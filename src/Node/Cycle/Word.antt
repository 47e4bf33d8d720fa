-- ===== src/Node/Cycle/Word.antt =====
-- cpp/src/epos_control/src/epos_motor_node.cpp: the control word that a round sends.
pub mod Rounds
pub mod Reset
pub mod Enable
use motor_control.Base.{ℕ, ◌≡◌, ◌⊎◌, Bool, true, false, ℤ, arith}
use mathlib.Core.Path.{subst}
use motor_control.Double.{Double}
use motor_control.Ethercat.Pdo.{InPdo}
use motor_control.Ethercat.Cia402.{
  is_fault, next_control_word, control_shutdown, control_fault_reset,
}
use motor_control.Control.Force.{ForceFeedbackSelection}
use motor_control.Node.State.{Node}
use motor_control.Node.Cycle.Timing.{CycleTime, dt_of, dt_us_of, schedule, measure, exchange_ok}
use motor_control.Node.Cycle.Mode.{enable_wanted}
use motor_control.Node.Cycle.Command.{Frame, start_frame, mode_command}
use motor_control.Node.Cycle.Force.{selected_force}
use motor_control.Node.Cycle.Finish.{
  control_of, control_stage, safety_stage, write_pdo, log_stage, finish,
}
use motor_control.Node.Cycle.Output.{final_frame, final-Kept}
use motor_control.Node.Cycle.Safe.{good_round, ready, good_round-control_round}
use motor_control.Node.Cycle.{prepare, control_round, rt_cycle}

-- The word that answers a status: a fault is answered by fault reset or by shutdown, any other state by
-- next_control_word.
abbrev pub Answers : ℕ → Bool → ℕ → Type 0
Answers status enable word =
    ((is_fault status ≡ true) × ((word ≡ control_shutdown) ⊎ (word ≡ control_fault_reset)))
    ⊎ ((is_fault status ≡ false) × (word ≡ next_control_word status enable))

control_of-Answers :
    (status hold : ℕ) (enable request : Bool)
    → Answers status enable (control_of (is_fault status) status enable request hold).word
unfolding control_of
control_of-Answers status hold enable request = ground arith

module _ {F : Type 0} ⦃d : Double F⦄ where
  finish-Answers :
      (now dt_us : ℤ) (i : InPdo) (s : ForceFeedbackSelection) (f : Frame F)
      → Answers i.status_word (enable_wanted f.node) (finish now dt_us i s f).out.control_word
  unfolding finish control_stage safety_stage write_pdo log_stage
  finish-Answers now dt_us i s f =
      control_of-Answers i.status_word f.node.rt.fault_reset_hold (enable_wanted f.node)
        f.node.targets.fault_reset_req

  final-enable_wanted :
      (now dt_ns : ℤ) (i : InPdo) (n : Node F)
      → enable_wanted (final_frame now dt_ns i n).node ≡ enable_wanted n
  unfolding enable_wanted
  final-enable_wanted now dt_ns i n =
      let (k, _) = final-Kept now dt_ns i n in cc (k.params, k.enable_req)

  round-Answers :
      (now dt_ns dt_us : ℤ) (i : InPdo) (n : Node F)
      → Answers i.status_word (enable_wanted n) (control_round now dt_ns dt_us i n).out.control_word
  unfolding control_round
  round-Answers now dt_ns dt_us i n =
      let s = selected_force (mode_command now dt_ns i (start_frame i (prepare i n))).node in
      subst (λ b. Answers i.status_word b (control_round now dt_ns dt_us i n).out.control_word)
        (final-enable_wanted now dt_ns i n)
        (finish-Answers now dt_us i s (final_frame now dt_ns i n))

  -- In a round that exchanges process data, a fault is answered by the control word shutdown or
  -- fault reset, and any other status by next_control_word with the wish to enable of the state
  -- before the round.
  pub round_word :
      (time : CycleTime) (w : ℕ) (i : InPdo) (n : Node F)
      → Answers i.status_word (enable_wanted n) (rt_cycle (good_round time w i) n).out.control_word
  unfolding enable_wanted exchange_ok measure schedule
  round_word time w i n =
      let c = good_round-control_round time w i n in
      rw c (
        round-Answers time.now_ns (dt_of time.now_ns n) (dt_us_of time.now_ns n) i (ready time w n))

> [Required action] Please output the entries above, every line exactly as it reads.

> [Result]
filename src/Node/Cycle/Word.antt
repository 47e4bf33d8d720fa
-- ===== src/Node/Cycle/Word.antt =====
-- cpp/src/epos_control/src/epos_motor_node.cpp: the control word that a round sends.
pub mod Rounds
pub mod Reset
pub mod Enable
use motor_control.Base.{ℕ, ◌≡◌, ◌⊎◌, Bool, true, false, ℤ, arith}
use mathlib.Core.Path.{subst}
use motor_control.Double.{Double}
use motor_control.Ethercat.Pdo.{InPdo}
use motor_control.Ethercat.Cia402.{
  is_fault, next_control_word, control_shutdown, control_fault_reset,
}
use motor_control.Control.Force.{ForceFeedbackSelection}
use motor_control.Node.State.{Node}
use motor_control.Node.Cycle.Timing.{CycleTime, dt_of, dt_us_of, schedule, measure, exchange_ok}
use motor_control.Node.Cycle.Mode.{enable_wanted}
use motor_control.Node.Cycle.Command.{Frame, start_frame, mode_command}
use motor_control.Node.Cycle.Force.{selected_force}
use motor_control.Node.Cycle.Finish.{
  control_of, control_stage, safety_stage, write_pdo, log_stage, finish,
}
use motor_control.Node.Cycle.Output.{final_frame, final-Kept}
use motor_control.Node.Cycle.Safe.{good_round, ready, good_round-control_round}
use motor_control.Node.Cycle.{prepare, control_round, rt_cycle}

-- The word that answers a status: a fault is answered by fault reset or by shutdown, any other state by
-- next_control_word.
abbrev pub Answers : ℕ → Bool → ℕ → Type 0
Answers status enable word =
    ((is_fault status ≡ true) × ((word ≡ control_shutdown) ⊎ (word ≡ control_fault_reset)))
    ⊎ ((is_fault status ≡ false) × (word ≡ next_control_word status enable))

control_of-Answers :
    (status hold : ℕ) (enable request : Bool)
    → Answers status enable (control_of (is_fault status) status enable request hold).word
unfolding control_of
control_of-Answers status hold enable request = ground arith

module _ {F : Type 0} ⦃d : Double F⦄ where
  finish-Answers :
      (now dt_us : ℤ) (i : InPdo) (s : ForceFeedbackSelection) (f : Frame F)
      → Answers i.status_word (enable_wanted f.node) (finish now dt_us i s f).out.control_word
  unfolding finish control_stage safety_stage write_pdo log_stage
  finish-Answers now dt_us i s f =
      control_of-Answers i.status_word f.node.rt.fault_reset_hold (enable_wanted f.node)
        f.node.targets.fault_reset_req

  final-enable_wanted :
      (now dt_ns : ℤ) (i : InPdo) (n : Node F)
      → enable_wanted (final_frame now dt_ns i n).node ≡ enable_wanted n
  unfolding enable_wanted
  final-enable_wanted now dt_ns i n =
      let (k, _) = final-Kept now dt_ns i n in cc (k.params, k.enable_req)

  round-Answers :
      (now dt_ns dt_us : ℤ) (i : InPdo) (n : Node F)
      → Answers i.status_word (enable_wanted n) (control_round now dt_ns dt_us i n).out.control_word
  unfolding control_round
  round-Answers now dt_ns dt_us i n =
      let s = selected_force (mode_command now dt_ns i (start_frame i (prepare i n))).node in
      subst (λ b. Answers i.status_word b (control_round now dt_ns dt_us i n).out.control_word)
        (final-enable_wanted now dt_ns i n)
        (finish-Answers now dt_us i s (final_frame now dt_ns i n))

  -- In a round that exchanges process data, a fault is answered by the control word shutdown or
  -- fault reset, and any other status by next_control_word with the wish to enable of the state
  -- before the round.
  pub round_word :
      (time : CycleTime) (w : ℕ) (i : InPdo) (n : Node F)
      → Answers i.status_word (enable_wanted n) (rt_cycle (good_round time w i) n).out.control_word
  unfolding enable_wanted exchange_ok measure schedule
  round_word time w i n =
      let c = good_round-control_round time w i n in
      rw c (
        round-Answers time.now_ns (dt_of time.now_ns n) (dt_us_of time.now_ns n) i (ready time w n))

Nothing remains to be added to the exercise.